El debate sobre los requisitos de la democracia parece eterno. No basta, ni de lejos, con que haya elecciones libres. Ha de haber también, por supuesto, obediencia de las leyes, sobre todo por parte de quien ostenta el poder. Que, como decía Kennedy, ningún hombre por prominente o poderoso que sea pueda desafiar la Constitución, las leyes o las sentencias de los jueces. Pero ha de haber además una Justicia independiente, control del Gobierno, libertad de prensa, transparencia y un reconocible “derecho a saber” que los ciudadanos han de poder ejercer con libertad y de manera efectiva. Nuestro ordenamiento jurídico parecía garantizar todo ello, pero, como luego hemos podido comprobar, no de manera suficiente, pues nadie previó que desde el poder pudieran desafiarse largamente las leyes. Nadie previó los mecanismos de coerción ni de castigo en el supuesto de que un presidente del Gobierno incumpla de manera recurrente, por ejemplo, el mandato constitucional de presentar el proyecto de Presupuestos o se niegue a comparecer ante el Senado cuando es requerido.
Que existe un ocultamiento de la información por parte del Gobierno es una realidad contrastada por los hechos, pero que quizás no se haya percibido por la sociedad ni se tenga plena conciencia de la gravedad que reviste. Se han clasificado como secreto de Estado, invocando la Ley de Secretos Oficiales de 1968, viajes privados de miembros del Gobierno y sus familiares, se ha negado información sobre los desplazamientos en aviones oficiales, viajes a la República Dominicana, gastos vacacionales, uso privado de dependencias oficiales por amigos y familiares del presidente, la nómina de asesores de Moncloa… Y de asuntos seguramente más graves, como las negociaciones con Bildu y Puigdemont, el espionaje masivo del teléfono del presidente en el caso Pegasus y su relación con el cambio de política sobre el Sahara o las últimas decisiones sobre la frontera con Gibraltar.
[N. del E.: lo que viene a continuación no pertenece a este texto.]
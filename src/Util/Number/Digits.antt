-- ===== src/Util/Number/Digits.antt =====
-- What `write_digits` puts into memory, and what `reverse` makes of it.
use vk.Prelude.{
  ℕ, ◌+◌, ◌-◌, ◌/◌, ◌%◌, ◌^◌, ◌≤◌, ◌<◌, ◌≡◌, ◌≢◌, inl, inr, refl, ap, ◌∙◌, zero, suc, ltb, poke,
  Bool-cases, done, arith, ltb→lt,
}
use vk.Util.Number.{write_digits}

-- `n` without its last `k` decimal digits
unfoldable pub high : ℕ → ℕ → ℕ
high n zero = n
high n (suc k) = high (n / 10) k

pub high-suc : (n k : ℕ) → high n (suc k) ≡ high n k / 10
unfolding high
high-suc n zero = refl
high-suc n (suc k) = high-suc (n / 10) k

high-some : (n k : ℕ) → 0 < n → high n k ≡ 0 → 0 < k
unfolding high
high-some n zero pos h = absurd (omega arith)
high-some n (suc k) pos h = omega arith

high-add : (n j k : ℕ) → high n (j + k) ≡ high (high n j) k
unfolding high
high-add n zero k = let z : 0 + k ≡ k = omega arith in rw z refl
high-add n (suc j) k = let e : suc j + k ≡ suc (j + k) = omega arith in rw e (high-add (n / 10) j k)

high-zero : (k : ℕ) → high 0 k ≡ 0
unfolding high
high-zero zero = refl
high-zero (suc k) = high-zero k

pub high_le : (n k : ℕ) → high n k ≤ n
unfolding high
high_le n zero = omega arith
high_le n (suc k) = omega (arith, high_le (n / 10) k)

-- Ten digits are enough for a u32.
pub high-ten : (n : ℕ) → n < 2 ^ 32 → high n 10 ≡ 0
unfolding high
high-ten n h = omega arith

pub high-more : (n k : ℕ) → n < 2 ^ 32 → 10 ≤ k → high n k ≡ 0
high-more n k h le =
    let e : k ≡ 10 + (k - 10) = omega arith in
    rw e (high-add n 10 (k - 10) ∙ rw (high-ten n h) (high-zero (k - 10)))

-- `len` digits of `n`, the last one first, stand in `t` from `a` on; all else is as in `m`.
pub record Wrote (n a len : ℕ) (m t : ℕ → ℕ) : Type 0 where
  pub some_digit : 0 < len
  pub all_digits : high n len ≡ 0
  pub digit : (k : ℕ) → k < len → t (a + k) ≡ high n k % 10 + 48
  pub few : (d : ℕ) → 0 < d → high n d ≡ 0 → len ≤ d
  pub before : (q : ℕ) → q < a → t q ≡ m q

pub poke-same : (m : ℕ → ℕ) (a v : ℕ) → poke m a v a ≡ v
poke-same m a v = ground arith

pub poke-other : (m : ℕ → ℕ) (a v q : ℕ) → a ≢ q → poke m a v q ≡ m q
poke-other m a v q ne = ground (arith, ne)

more_digits :
    (n i s : ℕ) (m t : ℕ → ℕ) (len : ℕ)
    → Wrote (n / 10) (s + (i + 1)) len (poke m (s + i) (n % 10 + 48)) t
    → (k : ℕ) → k < suc len
    → t (s + i + k) ≡ high n k % 10 + 48
unfolding high
more_digits n i s m t len w zero lt =
    let z : s + i + 0 ≡ s + i = omega arith in
    rw z (w.before (s + i) (omega arith) ∙ poke-same m (s + i) (n % 10 + 48))
more_digits n i s m t len w (suc k) lt =
    let e : s + i + suc k ≡ s + (i + 1) + k = omega arith in rw e (w.digit k (omega arith))

more_few :
    (n len : ℕ)
    → ((d : ℕ) → 0 < d → high (n / 10) d ≡ 0 → len ≤ d)
    → 0 < n / 10
    → (d : ℕ) → 0 < d
    → high n d ≡ 0
    → suc len ≤ d
unfolding high
more_few n len few pos zero some z = absurd (omega arith)
more_few n len few pos (suc d) some z = omega (arith, few d (high-some (n / 10) d pos z) z)

one_digit :
    (n a : ℕ) (m : ℕ → ℕ) (k : ℕ) → k < 1 → poke m a (n % 10 + 48) (a + k) ≡ high n k % 10 + 48
unfolding high
one_digit n a m zero lt = let z : a + 0 ≡ a = omega arith in rw z (poke-same m a (n % 10 + 48))
one_digit n a m (suc k) lt = absurd (omega arith)

pub write_digits-Wrote :
    (rounds n i s : ℕ) (m : ℕ → ℕ)
    → 0 < rounds
    → high n rounds ≡ 0
    → (len : ℕ) × (t : ℕ → ℕ) × (write_digits rounds n m s i ≡ done (i + len, t))
      × Wrote n (s + i) len m t
      × (len ≤ rounds)
unfolding write_digits high
write_digits-Wrote zero n i s m pos h = absurd (omega arith)
write_digits-Wrote (suc rounds) n i s m pos h = elim (Bool-cases (ltb 0 (n / 10))) [
  | inl more ↦
      let gt = ltb→lt 0 (n / 10) more in
      let (len, t, e, w, le) =
        write_digits-Wrote rounds (n / 10) (i + 1) s (poke m (s + i) (n % 10 + 48))
          (high-some (n / 10) rounds gt h) h in
      let one : i + 1 + len ≡ i + suc len = omega arith in
      rw more (
        suc len,
        t,
        e ∙ ap (λ (l : ℕ). done (l, t)) one,
        record {
          some_digit = omega arith;
          all_digits = w.all_digits;
          few = more_few n len w.few gt;
          digit = more_digits n i s m t len w;
          before = λ q lt.
              w.before q (omega (arith, lt))
              ∙ poke-other m (s + i) (n % 10 + 48) q (omega (arith, lt));
        },
        omega (arith, le),
      )
  | inr stop ↦
      let z : n / 10 ≡ 0 = ground (arith, stop) in
      rw stop (
        1,
        poke m (s + i) (n % 10 + 48),
        refl,
        record {
          some_digit = omega arith;
          all_digits = z;
          few = λ d some z. omega (arith, some);
          digit = one_digit n (s + i) m;
          before = λ q lt. poke-other m (s + i) (n % 10 + 48) q (omega (arith, lt));
        },
        omega arith,
      )
]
En el año 2013 se aprobó la ley de Transparencia (bajo el gobierno de Rajoy) y un año más tarde se creó el Consejo de Transparencia y Buen Gobierno, CTBG, una agencia independiente, que, como señala en su página web, en contra de lo que se podría deducir de su denominación oficial, no tiene atribuida ninguna competencia directa en materia de “buen gobierno”. Sí en transparencia. En efecto, son sus funciones garantizar el derecho de todas las personas a acceder a la información pública y controlar el cumplimiento de las obligaciones de transparencia impuestas a los organismos y las entidades públicas. Pero muy recientemente, el mes pasado, su presidente abogó en un foro público por la atribución de las potestades coercitivas necesarias para hacer que se cumplan sus resoluciones, seguramente por la constatación de que reiteradamente no se cumplen.
En efecto, una comparativa entre anteriores mandatos y éste en materia de Transparencia demuestra claramente la opacidad creciente del gobierno de Sánchez. Bajo el gobierno de Rajoy las reclamaciones ante el CTBG por no responder o denegar información tuvieron un máximo en el año 2017 con 890 casos. En el año 2025 se ha alcanzado el récord histórico con 1.778 reclamaciones estatales (excluyendo por tanto a autonomías y ayuntamientos). Pero según el Portal de Transparencia y de los medios que cruzan los datos del Gobierno se advierte que también el número de denegaciones de información (sin llegar a formular reclamación) se ha multiplicado con este gobierno, pasando de las 170 denegaciones directas de solicitudes de información en 2017, bajo el gobierno de Rajoy, a las 533 denegaciones en el año 2022 o las casi 400 del primer semestre del año 2025. En todos los casos existe un patrón de comportamiento, el Ejecutivo recurre al silencio administrativo sin que haya denegación expresa (45 % de las reclamaciones), al “secreto de Estado” o a fallos técnicos en el Portal de Transparencia para bloquear el acceso. Todo ello, sumado a los numerosos escándalos que se van sucediendo, ha hecho que el Índice de Percepción de la Corrupción de Transparencia Internacional registre su peor dato desde hace tres décadas para nuestro país.
Es más que evidente, creo, a la vista de estos datos, que los estándares de calidad democrática de nuestro país se han deteriorado de forma dramática bajo el gobierno de Sánchez, el que accedió a la presidencia enarbolando la bandera de la regeneración y la lucha contra la corrupción. Hay muchas reformas necesarias, también en este ámbito: reformar la Ley de Secretos Oficiales, que procede del régimen anterior, y dotar al CTBG de esas facultades coercitivas que reclamaba su presidente, entre otras. Veremos que el próximo gobierno, que espero que no esté presidido por Sánchez, tiene la determinación de acometer esas reformas.